Segment Start: RECORDS PROVIDED
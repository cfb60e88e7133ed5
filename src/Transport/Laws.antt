-- ===== src/Transport/Laws.antt =====
-- What every request keeps to.
use snow_cli.Base.{
  append_assoc, ap, arith, inr, ◌∙◌, Bool, sym, inl, if◌then◌else◌, ◌==◌, refl, subst, Result, List,
  ℕ, Option, Text, [], ◌⊎◌, ◌++◌, ◌∷◌, ◌≢◌, false, true, suc, zero, err, ok, ◌≡◌,
}
use snow_cli.Transport.{
  log, renew, authentication, call, Action, settle, conclude, Response, send, ClientError, Client,
  finish, Event, refreshed, Draft, World, ◌>>=◌, attempts,
}
use snow_cli.Transport.Runs.{call_cases, Sends, IsAfter, bind_cases, send-Sends}
use snow_cli.Origin.{UrlCrate}
use snow_cli.Json.{Value}

module _ {S E Q U N : Type 0} (world : World S E Q) (crate : UrlCrate U)
    (parse_json : Text → Option (Value N)) (parse_http_date : Text → Option ℕ) where
  -- The runs of the loop with so many retries left, by the state of the world before, the events, the
  -- result and the state after. The refresh is done from the state that the refused answer has left,
  -- and the retry goes on from the state that the refresh has left.
  pub data Run (base_url : Text) (draft : Draft) (extra : List (Text × Text))
      : ℕ → S → List Event → Result (ClientError E) Response → S → Type 0 where
    failed :
        (left : ℕ) {s t : S} {events : List Event} {e : ClientError E}
        → Sends world draft extra s events (err e) t
        → Run base_url draft extra left s events (err e) t
    settled :
        (left : ℕ) {s t : S} {events : List Event} (response : Response)
        → Sends world draft extra s events (ok response) t
        → (left ≡ 0) ⊎ (response.status ≢ 401)
        → Run base_url draft extra left s events
            (conclude world crate parse_json parse_http_date base_url response)
            t
    refresh_failed :
        (left : ℕ) {s t : S} {events : List Event} (response : Response) (e : E)
        → Sends world draft extra s events (ok response) t
        → response.status ≡ 401
        → (world.refresh t).0 ≡ err e
        → Run base_url draft extra (suc left) s events (err (authentication e)) (world.refresh t).1
    not_renewed :
        (left : ℕ) {s t : S} {events : List Event} (response : Response)
        → Sends world draft extra s events (ok response) t
        → response.status ≡ 401
        → (world.refresh t).0 ≡ ok false
        → Run base_url draft extra
            (suc left)
            s
            (events ++ refreshed false ∷ [])
            (conclude world crate parse_json parse_http_date base_url response)
            (world.refresh t).1
    renewed :
        (left : ℕ) {s t u : S} {events more : List Event} (response : Response)
        {result : Result (ClientError E) Response}
        → Sends world draft extra s events (ok response) t
        → response.status ≡ 401
        → (world.refresh t).0 ≡ ok true
        → Run base_url draft extra left (world.refresh t).1 more result u
        → Run base_url draft extra (suc left) s (events ++ refreshed true ∷ more) result u

  finish-Run :
      (left : ℕ) (draft : Draft) (extra : List (Text × Text)) (start client : Client S)
      (response : Response) {events : List Event}
      → client.base_url ≡ start.base_url
      → Sends world draft extra start.world events (ok response) client.world
      → (left ≡ 0) ⊎ (response.status ≢ 401)
      → Run start.base_url draft extra left start.world events
          (finish world crate parse_json parse_http_date response client).0
          client.world
  unfolding finish
  finish-Run left draft extra start client response {events} base sends stops =
      subst
        (λ url.
          Run start.base_url draft extra left start.world events
            (conclude world crate parse_json parse_http_date url response) client.world)
        (sym base) (settled left response sends stops)

  renew-Run :
      (left : ℕ) (draft : Draft) (extra : List (Text × Text)) (start client : Client S)
      (response : Response) (events : List Event) (again : Action S E Response) (renewed : Bool)
      → ((next : Client S) → IsAfter next (Run next.base_url draft extra left) (again next))
      → client.events ≡ start.events ++ events
      → Sends world draft extra start.world events (ok response) client.world
      → response.status ≡ 401
      → (world.refresh client.world).0 ≡ ok renewed
      → client.base_url ≡ start.base_url
      → client.policy ≡ start.policy
      → IsAfter start (Run start.base_url draft extra (suc left)) (
          renew world crate parse_json parse_http_date again response renewed
            (call {E = E} authentication world.refresh client).1)
  unfolding renew finish
  renew-Run left draft extra start client response events again false step same sends refused
        outcome base policy =
      bind_cases (IsAfter start (Run start.base_url draft extra (suc left))) (log (refreshed false))
        (λ _. finish world crate parse_json parse_http_date response)
        (call {E = E} authentication world.refresh client).1 (λ e k. absurd (ground arith))
        (λ _ k. (
          events ++ refreshed false ∷ [],
          ap (λ xs. xs ++ refreshed false ∷ []) same ∙ append_assoc start.events events _,
          subst
              (λ url.
                Run start.base_url draft extra (suc left) start.world
                  (events ++ refreshed false ∷ [])
                  (conclude world crate parse_json parse_http_date url response)
                  (world.refresh client.world).1)
              (sym base) (not_renewed left response sends refused outcome),
          base,
          policy,
        ))
  renew-Run left draft extra start client response events again true step same sends refused outcome
        base policy =
      bind_cases (IsAfter start (Run start.base_url draft extra (suc left))) (log (refreshed true))
        (λ _. again) (call {E = E} authentication world.refresh client).1
        (λ e k. absurd (ground arith))
        (λ _ k.
          let next =
            (log {E = E} (refreshed true) (call {E = E} authentication world.refresh client).1).1 in
          let (more, same', run, base', policy') = step next in
          (
            events ++ refreshed true ∷ more,
            same'
                ∙ (ap (λ xs. (xs ++ refreshed true ∷ []) ++ more) same
                    ∙ (append_assoc (start.events ++ events) (refreshed true ∷ []) more
                        ∙ append_assoc start.events events (refreshed true ∷ more))),
            renewed left response sends refused outcome (
                subst
                  (λ url.
                    Run url draft extra left (world.refresh client.world).1 more (again next).0
                      (again next).1.world)
                  base run),
            base' ∙ base,
            policy' ∙ policy,
          ))

  settle-Run :
      (left : ℕ) (draft : Draft) (extra : List (Text × Text)) (start client : Client S)
      (response : Response) (events : List Event) (again : Action S E Response)
      → ((next : Client S) → IsAfter next (Run next.base_url draft extra left) (again next))
      → client.events ≡ start.events ++ events
      → Sends world draft extra start.world events (ok response) client.world
      → client.base_url ≡ start.base_url
      → client.policy ≡ start.policy
      → IsAfter start
          (Run start.base_url draft extra (suc left))
          (settle world crate parse_json parse_http_date again response client)
  unfolding settle finish
  settle-Run left draft extra start client response events again step same sends base policy =
      by_status (response.status == 401) refl
    where
      by_status :
          (b : Bool)
          → (response.status == 401) ≡ b
          → IsAfter start (Run start.base_url draft extra (suc left)) (
              (if b
                  then call authentication world.refresh
                    >>= renew world crate parse_json parse_http_date again response
                  else finish world crate parse_json parse_http_date response)
                client)
      by_status false h = (
        events,
        same,
        finish-Run (suc left) draft extra start client response base sends (inr (ground arith)),
        base,
        policy,
      )
      by_status true h =
          call_cases (IsAfter start (Run start.base_url draft extra (suc left))) authentication
            world.refresh (renew world crate parse_json parse_http_date again response) client
            (λ e k.
              (events, same, refresh_failed left response e sends (ground arith) k, base, policy))
            (λ renewed k.
              renew-Run left draft extra start client response events again renewed step same sends
                (ground arith) k base policy)

  -- The loop, from any client, adds the events of a run, with its result.
  pub attempts-Run :
      (left : ℕ) (draft : Draft) (extra : List (Text × Text)) (client : Client S)
      → IsAfter client
          (Run client.base_url draft extra left)
          (attempts world crate parse_json parse_http_date left draft extra client)
  unfolding attempts finish
  attempts-Run zero draft extra client =
      let (events, same, sends, base, policy) =
        send-Sends world crate parse_json parse_http_date draft extra client in
      let after = (send world crate parse_json parse_http_date draft extra client).1 in
      bind_cases (IsAfter client (Run client.base_url draft extra zero))
        (send world crate parse_json parse_http_date draft extra)
        (finish world crate parse_json parse_http_date) client
        (λ e h. (
          events,
          same,
          failed zero
              (subst (λ r. Sends world draft extra client.world events r after.world) h sends),
          base,
          policy,
        ))
        (λ response h. (
          events,
          same,
          finish-Run zero draft extra client
              (send world crate parse_json parse_http_date draft extra client).1 response base
              (subst (λ r. Sends world draft extra client.world events r after.world) h sends)
              (inl refl),
          base,
          policy,
        ))
  attempts-Run (suc left) draft extra client =
      let (events, same, sends, base, policy) =
        send-Sends world crate parse_json parse_http_date draft extra client in
      let after = (send world crate parse_json parse_http_date draft extra client).1 in
      bind_cases (IsAfter client (Run client.base_url draft extra (suc left)))
        (send world crate parse_json parse_http_date draft extra)
        (settle world crate parse_json parse_http_date
          (attempts world crate parse_json parse_http_date left draft extra))
        client
        (λ e h. (
          events,
          same,
          failed (suc left)
              (subst (λ r. Sends world draft extra client.world events r after.world) h sends),
          base,
          policy,
        ))
        (λ response h.
          settle-Run left draft extra client
            (send world crate parse_json parse_http_date draft extra client).1 response events _
            (attempts-Run left draft extra) same
            (subst (λ r. Sends world draft extra client.world events r after.world) h sends) base
            policy)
Segment End: RECORDS PROVIDED
• WHAT IS BEING ASKED
From the records above, report the number of lines that hold the string "ground" and add nothing.

• YOUR SOLUTION
5